Gangguan terkait tidur, misalnya sleep apnea dan sindrom kaki gelisah juga lebih sering terjadi pada lansia, menurut National Sleep Foundation.

4 dari 4 halaman

5. Tubuh Dapat Berfungsi dengan Baik meski Hanya Tidur Lima Jam

Meskipun benar bahwa beberapa individu tampak baik-baik saja meski hanya tidur sebentar, sebagian besar orang membutuhkan lebih banyak tidur. Menurut ulasan tahun 2017 di Sleep Medicine, durasi tidur yang lebih pendek dikaitkan dengan obesitas, diabetes, penyakit jantung, dan tekanan darah tinggi.

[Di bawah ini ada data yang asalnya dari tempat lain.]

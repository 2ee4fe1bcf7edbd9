-- ===== src/Controller/Instance/Bootstrap/Run.antt =====
-- pocketidinstance_controller.go: the whole run of the instance reconciler keeps to the rules of
-- Bootstrap.
use pocketid_operator.Api.Meta.{Key}
use pocketid_operator.World.{Env, History, Verb, config_map_kind, service_kind, stateful_set_kind}
use pocketid_operator.World.Keeps.{Keeps, IgnoresWrites}
use pocketid_operator.Controller.Footprint.Instance.{Keeps-reconcile}
use pocketid_operator.Controller.Instance.Reconcile.{reconcile}
use pocketid_operator.Controller.Instance.Bootstrap.{
  KeepsNames, IsCareful, careful, IsCareful-reads, IsCareful-instance, Keeps-secrets,
  Keeps-initialize,
}

module _ (env : Env) where
  IsCareful-config : (v : Verb) → IgnoresWrites (IsCareful env) v config_map_kind
  unfolding careful
  IsCareful-config v = record { at_wrote = λ x h p. p }

  IsCareful-service : (v : Verb) → IgnoresWrites (IsCareful env) v service_kind
  unfolding careful
  IsCareful-service v = record { at_wrote = λ x h p. p }

  IsCareful-workload : (v : Verb) → IgnoresWrites (IsCareful env) v stateful_set_kind
  unfolding careful
  IsCareful-workload v = record { at_wrote = λ x h p. p }

  -- A run of the instance reconciler, after any history in which this was so, keeps to it that
  -- secrets are only ever created, right after a read that said that there is none of that name (so
  -- no generated key is replaced), and that what goes to PocketID only reads, but for a request
  -- right after PocketID has said that it has no accounts. The library that sets owners keeps
  -- names.
  pub reconcile-instance-IsCareful :
      KeepsNames env.lib
      → (key : Key) (h : History) → IsCareful env h
      → IsCareful env (reconcile env key h).1
  reconcile-instance-IsCareful names key =
      let k : Keeps (IsCareful env) (reconcile env key) = search (
        Keeps-reconcile, IsCareful-reads, IsCareful-instance, IsCareful-config, IsCareful-service,
        IsCareful-workload, Keeps-secrets, Keeps-initialize,
      ) in
      k.at
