-- ===== src/Controller/UserGroup/Reconcile/Agreement.antt =====
-- `needsGroupUpdate` and `targetGroup` of pocketidusergroup_controller.go: when the group in
-- PocketID is as the specification says.
use pocketid_operator.Base.{◌≡◌, refl, ◌↔◌, false, string_eq, eq_iff, arith}
use pocketid_operator.Api.UserGroup.{UserGroupSpec}
use pocketid_operator.PocketId.Types.{UserGroup as RemoteGroup, UserGroupCreate}
use pocketid_operator.Controller.UserGroup.Reconcile.{needs_group_update, target_group}

-- The group has the name and the friendly name of the specification.
pub record Agrees (remote : RemoteGroup) (spec : UserGroupSpec) : Type 0 where
  pub name : remote.name ≡ spec.name
  pub friendly_name : remote.friendly_name ≡ spec.friendly_name

-- What is asked of PocketID for the specification.
abbrev pub request_for : UserGroupSpec → UserGroupCreate
request_for spec = record { name = spec.name; friendly_name = spec.friendly_name }

pub needs_group_update-false_iff :
    (remote : RemoteGroup) (spec : UserGroupSpec)
    → (needs_group_update remote (target_group spec) ≡ false) ↔ Agrees remote spec
unfolding needs_group_update
needs_group_update-false_iff remote spec = (
  λ p. record {
    name = (eq_iff remote.name spec.name).0 (ground arith);
    friendly_name = (eq_iff remote.friendly_name spec.friendly_name).0 (ground arith);
  },
  λ a.
      rw
        (
          (eq_iff remote.name spec.name).1 a.name,
          (eq_iff remote.friendly_name spec.friendly_name).1 a.friendly_name,
        )
        refl,
)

Namun, para ilmuwan telah menemukan dua mutasi genetik yang memungkinkan individu untuk dapat tidur lebih singkat secara alami tanpa mengalami dampak kesehatan akibat kurang tidur. Meskipun demikian, mutasi ini jarang terjadi, dan kebanyakan orang membutuhkan waktu tidur lebih dari lima jam.

"Karena kebutuhan tidur biologis tertanam dalam gen, penting untuk dicatat bahwa seseorang tidak dapat mengubah dan mengontrol berapa banyak tidur yang dibutuhkan," jelas Meadows.

"Sangat penting untuk mengidentifikasi kebutuhan tidur seseorang, karena memenuhi kebutuhan ini sangat penting guna menjaga kesehatan yang baik."

6. Mendengkur Tidak Berbahaya

Dengkuran ringan sesekali mungkin tidak berbahaya, tetapi dengkuran keras yang terjadi secara konsisten merupakan gejala apnea tidur obstruktif (OSA), suatu kondisi di mana orang mengalami jeda napas atau pernapasan dangkal saat tidur.

Selain menjengkelkan bagi pasangan tidur, OSA dapat menyebabkan berbagai komplikasi serius, seperti penyakit kardiovaskular, gagal jantung serta stroke, menurut situs Mayo Clinic. Jika Anda sering mendengkur dengan keras, konsultasikan dengan dokter untuk mendapatkan pemecahan masalah.